THE PROBLEM >> Below are the records; restate word for word the lines from the first through the one containing "let x_small : 1", and only those.

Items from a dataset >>
□ □ □

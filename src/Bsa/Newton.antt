-- ===== src/Bsa/Newton.antt =====
-- `bsa_newton_reciprocal`: the Newton steps approach 2^32 / weight from below, and how far they are.
use native.Mathlib.Nat.{
  mod-eq_of_lt, div-eq_of_eq-mul_left, div-mul-le_self, lt-div-mul-add, mul_comm,
}
use native.Mathlib.Decide.{dec_le}
use approximation_computing.Common.{
  ℕ, suc, ◌+◌, ◌-◌, ◌*◌, ◌/◌, ◌^◌, ◌≤◌, ◌<◌, ◌≡◌, ap, ◌∙◌, false, arith, leb, mul-le-mul,
  mul-le-mul_left, mul-le-mul_right, two-pow-pos, mul-two-pow,
}
use approximation_computing.Words.{sub64}
use approximation_computing.Bsa.{warm_start, newton_loop, bsa_nearest_pow2, bsa_newton_reciprocal}
use approximation_computing.Bsa.Pow2.{bsa_nearest_pow2-nearest}

-- One Newton step without wrap-around.
abbrev newton_step : ℕ → ℕ → ℕ
newton_step w x = x * (2 ^ 33 - w * x) / 2 ^ 32

minus_word : (v : ℕ) → v < 2 ^ 33 → sub64 (2 * 2 ^ 32) v ≡ 2 ^ 33 - v
minus_word v h = omega arith

le→not-leb : (a b : ℕ) → b < a → leb a b ≡ false
le→not-leb a b h = ground arith

newton_loop-suc :
    (n w x : ℕ)
    → 0 < w
    → w * x < 2 ^ 33
    → newton_loop (suc n) w x ≡ newton_loop n w (newton_step w x)
unfolding newton_loop
newton_loop-suc n w x p h =
    let x_small : 1 * x ≤ w * x = mul-le-mul_right x p in
    let bound : x * (2 ^ 33 - w * x) ≤ 2 ^ 33 * 2 ^ 33 =
      mul-le-mul {n₂ = 2 ^ 33} {m₂ = 2 ^ 33} (omega arith) (omega arith) in
    rw (mod-eq_of_lt {n = w * x} {m = 2 ^ 64} (omega arith), le→not-leb (2 ^ 33) (w * x) h)
      (ap (newton_loop n w) (rw (minus_word (w * x) h) (mod-eq_of_lt (omega arith))))

square_gap : (a d : ℕ) → a * (a + 2 * d) + d * d ≡ (a + d) * (a + d)
square_gap a d = omega arith

gap_at :
    (a d t : ℕ)
    → a + d ≡ 2 ^ 32
    → d ≤ t
    → (a * (a + 2 * d) ≤ 2 ^ 64) × (2 ^ 64 ≤ a * (a + 2 * d) + t * t)
gap_at a d t e h =
    let whole : a * (a + 2 * d) + d * d ≡ 2 ^ 32 * 2 ^ 32 =
      square_gap a d ∙ ap (λ (q : ℕ). q * q) e in
    omega (arith, mul-le-mul h h)

-- v (2 - v) in units of 2^-32 is at most 1, and misses it by the square of the error of v.
gap :
    (v t : ℕ)
    → v < 2 ^ 33
    → 2 ^ 32 ≤ v + t
    → v ≤ 2 ^ 32 + t
    → (v * (2 ^ 33 - v) ≤ 2 ^ 64) × (2 ^ 64 ≤ v * (2 ^ 33 - v) + t * t)
gap v t h low high = elim (dec_le v (2 ^ 32)) [
  | yes le ↦
      let other : 2 ^ 33 - v ≡ v + 2 * (2 ^ 32 - v) = omega arith in
      rw other (gap_at v (2 ^ 32 - v) t (omega arith) (omega arith))
  | no gt ↦
      let a : ℕ = 2 ^ 33 - v in
      let other : v ≡ a + 2 * (v - 2 ^ 32) = omega arith in
      let (most, least) = gap_at a (v - 2 ^ 32) t (omega arith) (omega arith) in
      let swap : v * a ≡ a * (a + 2 * (v - 2 ^ 32)) =
        rw (mul_comm v a) (ap (λ (q : ℕ). a * q) other) in
      omega arith
]

-- From an approximation below 2, the step ends at or below the reciprocal, and squares the error.
newton_step_bounds :
    (w x e : ℕ)
    → w * x < 2 ^ 33
    → 2 ^ 32 ≤ w * x + e
    → w * x ≤ 2 ^ 32 + e
    → (w * newton_step w x ≤ 2 ^ 32) × (2 ^ 64 ≤ (w * newton_step w x + w) * 2 ^ 32 + e * e)
newton_step_bounds w x e h low high =
    let y : ℕ = 2 ^ 33 - w * x in
    let floor = mul-le-mul_left w (div-mul-le_self (x * y) (2 ^ 32)) in
    let above : suc (x * y) ≤ x * y / 2 ^ 32 * 2 ^ 32 + 2 ^ 32 = lt-div-mul-add (omega arith) in
    let (most, least) = gap (w * x) e h low high in
    (omega arith, omega (arith, mul-le-mul_left w above))

affine : (y : ℕ) → 2 * y ≤ 3 * 2 ^ 31 → sub64 (3 * 2 ^ 31) y ≡ 3 * 2 ^ 31 - y
affine y h = omega arith

parabola_core :
    (c t v y z : ℕ)
    → t + v ≡ c
    → y ≡ c + t
    → z ≡ 2 * c + v
    → (y * z ≤ 4 * (c * c)) × (3 * (c * c) ≤ y * z)
parabola_core c t v y z sum first second = rw (first, second, ← sum) (omega arith)

-- y (3 - y) between y = 3/4 and y = 3/2, in units of 2^-31.
parabola :
    (y : ℕ)
    → 3 * 2 ^ 31 ≤ 4 * y
    → 2 * y ≤ 3 * 2 ^ 31
    → (y * (3 * 2 ^ 31 - y) ≤ 9 * 2 ^ 60) × (27 * 2 ^ 58 ≤ y * (3 * 2 ^ 31 - y))
parabola y l h =
    let t : ℕ = y - 3 * 2 ^ 29 in
    let v : ℕ = 3 * 2 ^ 30 - y in
    let e : y ≡ 3 * 2 ^ 29 + t = omega arith in
    let f : 3 * 2 ^ 31 - y ≡ 3 * 2 ^ 30 + v = omega arith in
    let g : t + v ≡ 3 * 2 ^ 29 = omega arith in
    parabola_core (3 * 2 ^ 29) t v y (3 * 2 ^ 31 - y) g e f

-- The warm start for a power of two p with s * p = 2^31.
module _ (w p s : ℕ) (p_pos : 0 < p) (unit : s * p ≡ 2 ^ 31) (low : 3 * p ≤ 4 * w)
    (high : 2 * w ≤ 3 * p) where
  scaled : (3 * 2 ^ 31 ≤ 4 * (w * s)) × (2 * (w * s) ≤ 3 * 2 ^ 31) × (s ≤ 2 ^ 31)
  scaled =
      let one_p : s * 1 ≤ s * p = mul-le-mul_left s p_pos in
      omega (arith, mul-le-mul_left s low, mul-le-mul_left s high)

  warm_start_lem : w < 2 ^ 32 → warm_start w p ≡ s * (3 * 2 ^ 31 - w * s) / 2 ^ 31
  unfolding warm_start
  warm_start_lem fits =
      let (l, h, s_le) = scaled in
      let inv : 2 ^ 32 / p ≡ 2 * s = div-eq_of_eq-mul_left p_pos (omega arith) in
      let mantissa : w * 2 ^ 32 / p ≡ w * (2 * s) =
        div-eq_of_eq-mul_left p_pos (omega (arith, ap (λ (t : ℕ). w * t) unit)) in
      let halved : w * (2 * s) / 2 ≡ w * s = omega arith in
      let bound : s * (3 * 2 ^ 31 - w * s) ≤ 2 ^ 31 * (3 * 2 ^ 31) =
        mul-le-mul {m₂ = 3 * 2 ^ 31} s_le (omega arith) in
      rw
        (
          mod-eq_of_lt {n = w * 2 ^ 32} {m = 2 ^ 64} (omega arith),
          inv,
          mantissa,
          halved,
          affine (w * s) h,
        )
        (omega arith)

  warm_start_bounds :
      let x = s * (3 * 2 ^ 31 - w * s) / 2 ^ 31 in (w * x ≤ 9 * 2 ^ 29) × (27 * 2 ^ 27 ≤ w * x + w)
  warm_start_bounds =
      let (l, h, s_le) = scaled in
      let a : ℕ = 3 * 2 ^ 31 - w * s in
      let (most, least) = parabola (w * s) l h in
      let above : suc (s * a) ≤ s * a / 2 ^ 31 * 2 ^ 31 + 2 ^ 31 = lt-div-mul-add (omega arith) in
      (
        omega (arith, mul-le-mul_left w (div-mul-le_self (s * a) (2 ^ 31))),
        omega (arith, mul-le-mul_left w above),
      )

-- The error after one step, and after two, from a warm start that is off by 5/32 and w.
abbrev first_error : ℕ → ℕ
first_error w = 5 * 2 ^ 27 + w

module _ (w : ℕ) (w_pos : 0 < w) (small : w ≤ 2 ^ 17) where
  start : ℕ
  start = warm_start w (bsa_nearest_pow2 w)

  start_bounds : (w * start ≤ 9 * 2 ^ 29) × (27 * 2 ^ 27 ≤ w * start + w)
  unfolding start
  start_bounds =
      let ((k, e, k_le), near, low, high) = bsa_nearest_pow2-nearest w w_pos (omega arith) in
      let s : ℕ = 2 ^ (31 - k) in
      let unit : s * 2 ^ k ≡ 2 ^ 31 =
        omega (arith, mul-two-pow 1 (31 - k) k {r = 31} (omega arith)) in
      let low' : 3 * 2 ^ k ≤ 4 * w = rw e at low in
      let high' : 2 * w ≤ 3 * 2 ^ k = rw e at high in
      rw (e, warm_start_lem w (2 ^ k) s (two-pow-pos k) unit low' high' (omega arith))
        (warm_start_bounds w (2 ^ k) s (two-pow-pos k) unit low' high')

  by_loop : (n : ℕ) → bsa_newton_reciprocal w n ≡ newton_loop n w start
  unfolding bsa_newton_reciprocal start
  by_loop n = ground arith

  after_one : ℕ
  after_one = newton_step w start

  after_one_bounds : (w * after_one ≤ 2 ^ 32) × (975 * 2 ^ 32 ≤ 1000 * (w * after_one))
  unfolding after_one
  after_one_bounds =
      let (high, low) = start_bounds in
      let e : ℕ = first_error w in
      let (below, near) = newton_step_bounds w start e (omega arith) (omega arith) (omega arith) in
      let error : e * e ≤ (5 * 2 ^ 27 + 2 ^ 17) * (5 * 2 ^ 27 + 2 ^ 17) =
        mul-le-mul {n₂ = 5 * 2 ^ 27 + 2 ^ 17} {m₂ = 5 * 2 ^ 27 + 2 ^ 17} (omega arith)
          (omega arith) in
      (below, omega arith)

  one_step : (n : ℕ) → bsa_newton_reciprocal w (suc n) ≡ newton_loop n w after_one
  unfolding after_one
  one_step n =
      by_loop (suc n)
      ∙ newton_loop-suc n w start w_pos (let (high, low) = start_bounds in omega arith)

  -- One step gives at most the reciprocal, and at least 97.5% of it.
  pub newton_one :
      let x = bsa_newton_reciprocal w 1 in (w * x ≤ 2 ^ 32) × (975 * 2 ^ 32 ≤ 1000 * (w * x))
  unfolding newton_loop
  newton_one = rw (one_step 0) after_one_bounds

  -- For a weight from 1 to 2^17, two Newton steps give at most the reciprocal 2^32 / weight, and at
  -- least 99.9% of it.
  pub newton_two :
      let x = bsa_newton_reciprocal w 2 in (w * x ≤ 2 ^ 32) × (999 * 2 ^ 32 ≤ 1000 * (w * x))
  unfolding newton_loop
  newton_two =
      let (high, low) = after_one_bounds in
      let (below, near) =
        newton_step_bounds w after_one 107374183 (omega arith) (omega arith) (omega arith) in
      rw (one_step 1, newton_loop-suc 0 w after_one w_pos (omega arith)) (below, omega arith)
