-- ===== src/Bsa/Delta.antt =====
-- `bsa_vruntime_delta`: how far the scaled runtime lies from delta * 1024 / weight.
use native.Mathlib.Nat.{mod-eq_of_lt, div-mul-le_self, lt-div-mul-add}
use approximation_computing.Common.{
  ℕ, suc, ◌+◌, ◌*◌, ◌/◌, ◌^◌, ◌≤◌, ◌<◌, ◌≡◌, inl, inr, arith, false, ◌==◌, ==_iff, Bool-cases,
  mul-le-mul_left, mul-le-mul_right,
}
use approximation_computing.Words.{u32}
use approximation_computing.Exact.{exact_mul_u64_u32_shr}
use approximation_computing.Bsa.{bsa_newton_reciprocal, bsa_vruntime_delta}
use approximation_computing.Bsa.Newton.{newton_one}

-- `r` is at most delta * 1024 / weight, and r + 1 at least the given thousandths of it.
abbrev pub IsNear : ℕ → ℕ → ℕ → ℕ → Type 0
IsNear thousandths d w r = (r * w ≤ d * 1024) × (thousandths * (d * 1024) ≤ 1000 * ((r + 1) * w))

-- The product with a reciprocal that is near.
pub reciprocal-IsNear :
    (thousandths d w x : ℕ)
    → 2 ≤ w
    → d < 2 ^ 32
    → w * x ≤ 2 ^ 32
    → thousandths * 2 ^ 32 ≤ 1000 * (w * x)
    → IsNear thousandths d w (exact_mul_u64_u32_shr d (u32 x) 22)
unfolding exact_mul_u64_u32_shr
reciprocal-IsNear c d w x h fits high low =
    let x_small : 2 * x ≤ w * x = mul-le-mul_right x h in
    let bound : d * x ≤ d * 2 ^ 31 = mul-le-mul_left d (omega arith) in
    let r : ℕ = d * x / 2 ^ 22 in
    let above : suc (d * x) ≤ r * 2 ^ 22 + 2 ^ 22 = lt-div-mul-add (omega arith) in
    rw
      (
        mod-eq_of_lt {n = x} {m = 2 ^ 32} (omega arith),
        mod-eq_of_lt {n = d * x / 2 ^ 22} {m = 2 ^ 64} (omega arith),
      )
      (
        omega
            (arith, mul-le-mul_right w (div-mul-le_self (d * x) (2 ^ 22)), mul-le-mul_left d high),
        omega (arith, mul-le-mul_left d low, mul-le-mul_right w above),
      )

-- At the weight of nice 0 the runtime itself is near.
pub unscaled-IsNear : (thousandths d : ℕ) → thousandths ≤ 1000 → IsNear thousandths d 1024 d
unscaled-IsNear c d h = omega (arith, mul-le-mul_right (d * 1024) h)

-- For weights from 2 to 2^17, which holds all of the table, and a runtime below 2^32, the scaled
-- runtime is never above
-- delta * 1024 / weight, and rounded up at least 97.5% of it.
pub bsa_vruntime_delta-IsNear :
    (d w : ℕ) → 2 ≤ w → w ≤ 2 ^ 17 → d < 2 ^ 32 → IsNear 975 d w (bsa_vruntime_delta d w)
unfolding bsa_vruntime_delta
bsa_vruntime_delta-IsNear d w h small fits = elim (Bool-cases (w == 1024)) [
  | inl e ↦ rw ((==_iff w 1024).0 e) (unscaled-IsNear 975 d (omega arith))
  | inr e ↦
      let (high, low) = newton_one w (omega arith) small in
      let near = reciprocal-IsNear 975 d w (bsa_newton_reciprocal w 1) h fits high low in
      rw (e, not-zero w h) near
]
  where
    not-zero : (v : ℕ) → 2 ≤ v → (v == 0) ≡ false
    not-zero v p = ground arith
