-- ===== src/Apaf/Poly.antt =====
-- The decay factors of APAF: between 0.0 and 1.0, and in each state close to the exact ones.
use approximation_computing.Common.{
  ℕ, ◌*◌, ◌^◌, ◌≤◌, ◌<◌, ◌≡◌, inl, inr, refl, arith, Bool, true, leb, ◌==◌, ◌&&◌, if◌then◌else◌, ℤ,
  pos, negsuc, pos_part, neg_part, ◌==ℤ◌, and_left, and_right, leb→le, all_below, all_below_sound,
}
use approximation_computing.Double.{Double, one, run_double}
use approximation_computing.Task.{apaf_tight, apaf_medium, apaf_loose, y_n_inv}
use approximation_computing.Fairness.Controller.{IsState}
use approximation_computing.Apaf.{coefficients, table_factor, horner, apaf_poly_eval, decay_factor}

-- The least and the greatest ratio to the exact factor, in units of 0.01%.
abbrev pub least_ratio : ℤ → ℕ
least_ratio s = if s ==ℤ apaf_tight then 9997 else if s ==ℤ apaf_loose then 10000 else 9981

abbrev pub greatest_ratio : ℤ → ℕ
greatest_ratio s = if s ==ℤ apaf_tight then 10004 else if s ==ℤ apaf_loose then 10304 else 10022

-- The factor of a state at `l` periods, in units of 2^-1074.
abbrev pub magnitude_of : ℤ → ℕ → ℕ
magnitude_of s l = pos_part (decay_factor l s)

is_fine : ℤ → ℕ → Bool
is_fine s l =
    (neg_part (decay_factor l s) == 0)
    && (leb (magnitude_of s l) one
        && (leb (least_ratio s * (y_n_inv l * one)) (10000 * (magnitude_of s l * 2 ^ 32))
            && leb (10000 * (magnitude_of s l * 2 ^ 32)) (greatest_ratio s * (y_n_inv l * one))))

all_fine :
    (all_below 32 (is_fine apaf_tight)
      && (all_below 32 (is_fine apaf_medium) && all_below 32 (is_fine apaf_loose)))
    ≡ true
unfolding all_below is_fine decay_factor apaf_poly_eval coefficients horner table_factor y_n_inv
    run_double
all_fine = refl

fine_of : (s : ℤ) (l : ℕ) → IsState s → l < 32 → is_fine s l ≡ true
fine_of s l state h =
    let later = and_right (all_below 32 (is_fine apaf_tight)) _ all_fine in
    elim state [
      | inl tight ↦ rw tight (all_below_sound 32 (is_fine apaf_tight) l (and_left _ _ all_fine) h)
      | inr (inl medium) ↦
          rw medium (all_below_sound 32 (is_fine apaf_medium) l (and_left _ _ later) h)
      | inr (inr loose) ↦ rw loose (
          all_below_sound 32 (is_fine apaf_loose) l
            (and_right (all_below 32 (is_fine apaf_medium)) _ later) h)
    ]

-- The factor lies between 0.0 and 1.0, and between the two ratios to the exact one.
pub record IsClose (s : ℤ) (l : ℕ) : Type 0 where
  pub nonnegative : decay_factor l s ≡ pos (magnitude_of s l)
  pub at_most_one : magnitude_of s l ≤ one
  pub from_below : least_ratio s * (y_n_inv l * one) ≤ 10000 * (magnitude_of s l * 2 ^ 32)
  pub from_above : 10000 * (magnitude_of s l * 2 ^ 32) ≤ greatest_ratio s * (y_n_inv l * one)

pos_of : (d : Double) → (neg_part d == 0) ≡ true → d ≡ pos (pos_part d)
pos_of (pos n) h = refl
pos_of (negsuc n) h = ground arith

-- Below 32 periods the factor of every state is within 0.04% (TIGHT), 0.22% (MEDIUM) and
-- 3.04% (LOOSE) of the exact one, and in LOOSE never below it.
pub decay_factor-IsClose : (s : ℤ) (l : ℕ) → IsState s → l < 32 → IsClose s l
unfolding is_fine
decay_factor-IsClose s l state h =
    let sign = fine_of s l state h in
    let rest1 = and_right (neg_part (decay_factor l s) == 0) _ sign in
    let rest2 = and_right (leb (magnitude_of s l) one) _ rest1 in
    let low : Bool =
      leb (least_ratio s * (y_n_inv l * one)) (10000 * (magnitude_of s l * 2 ^ 32)) in
    record {
      nonnegative = pos_of (decay_factor l s) (and_left _ _ sign);
      at_most_one = leb→le _ _ (and_left _ _ rest1);
      from_below = leb→le _ _ (and_left _ _ rest2);
      from_above = leb→le _ _ (and_right low _ rest2);
    }

first_factors :
    (leb (100 * magnitude_of apaf_tight 1) (98 * one)
      && (leb (100 * magnitude_of apaf_medium 1) (98 * one)
          && leb (100 * magnitude_of apaf_loose 1) (98 * one)))
    ≡ true
unfolding decay_factor apaf_poly_eval coefficients horner table_factor y_n_inv run_double
first_factors = refl

-- The factor of one period is at most 0.98 in every state.
pub first_factor : (s : ℤ) → IsState s → 100 * magnitude_of s 1 ≤ 98 * one
first_factor s state =
    let tight : Bool = leb (100 * magnitude_of apaf_tight 1) (98 * one) in
    let medium : Bool = leb (100 * magnitude_of apaf_medium 1) (98 * one) in
    let later = and_right tight _ first_factors in
    elim state [
      | inl e ↦ rw e (leb→le _ _ (and_left _ _ first_factors))
      | inr (inl e) ↦ rw e (leb→le _ _ (and_left _ _ later))
      | inr (inr e) ↦ rw e (leb→le _ _ (and_right medium _ later))
    ]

□ □ □

SOLUTION >>
filename src/Bsa/Newton.antt
-- ===== src/Bsa/Newton.antt =====
-- `bsa_newton_reciprocal`: the Newton steps approach 2^32 / weight from below, and how far they are.
use native.Mathlib.Nat.{
  mod-eq_of_lt, div-eq_of_eq-mul_left, div-mul-le_self, lt-div-mul-add, mul_comm,
}
use native.Mathlib.Decide.{dec_le}
use approximation_computing.Common.{
  ℕ, suc, ◌+◌, ◌-◌, ◌*◌, ◌/◌, ◌^◌, ◌≤◌, ◌<◌, ◌≡◌, ap, ◌∙◌, false, arith, leb, mul-le-mul,
  mul-le-mul_left, mul-le-mul_right, two-pow-pos, mul-two-pow,
}
use approximation_computing.Words.{sub64}
use approximation_computing.Bsa.{warm_start, newton_loop, bsa_nearest_pow2, bsa_newton_reciprocal}
use approximation_computing.Bsa.Pow2.{bsa_nearest_pow2-nearest}

-- One Newton step without wrap-around.
abbrev newton_step : ℕ → ℕ → ℕ
newton_step w x = x * (2 ^ 33 - w * x) / 2 ^ 32

minus_word : (v : ℕ) → v < 2 ^ 33 → sub64 (2 * 2 ^ 32) v ≡ 2 ^ 33 - v
minus_word v h = omega arith

le→not-leb : (a b : ℕ) → b < a → leb a b ≡ false
le→not-leb a b h = ground arith

newton_loop-suc :
    (n w x : ℕ)
    → 0 < w
    → w * x < 2 ^ 33
    → newton_loop (suc n) w x ≡ newton_loop n w (newton_step w x)
unfolding newton_loop
newton_loop-suc n w x p h =
    let x_small : 1 * x ≤ w * x = mul-le-mul_right x p in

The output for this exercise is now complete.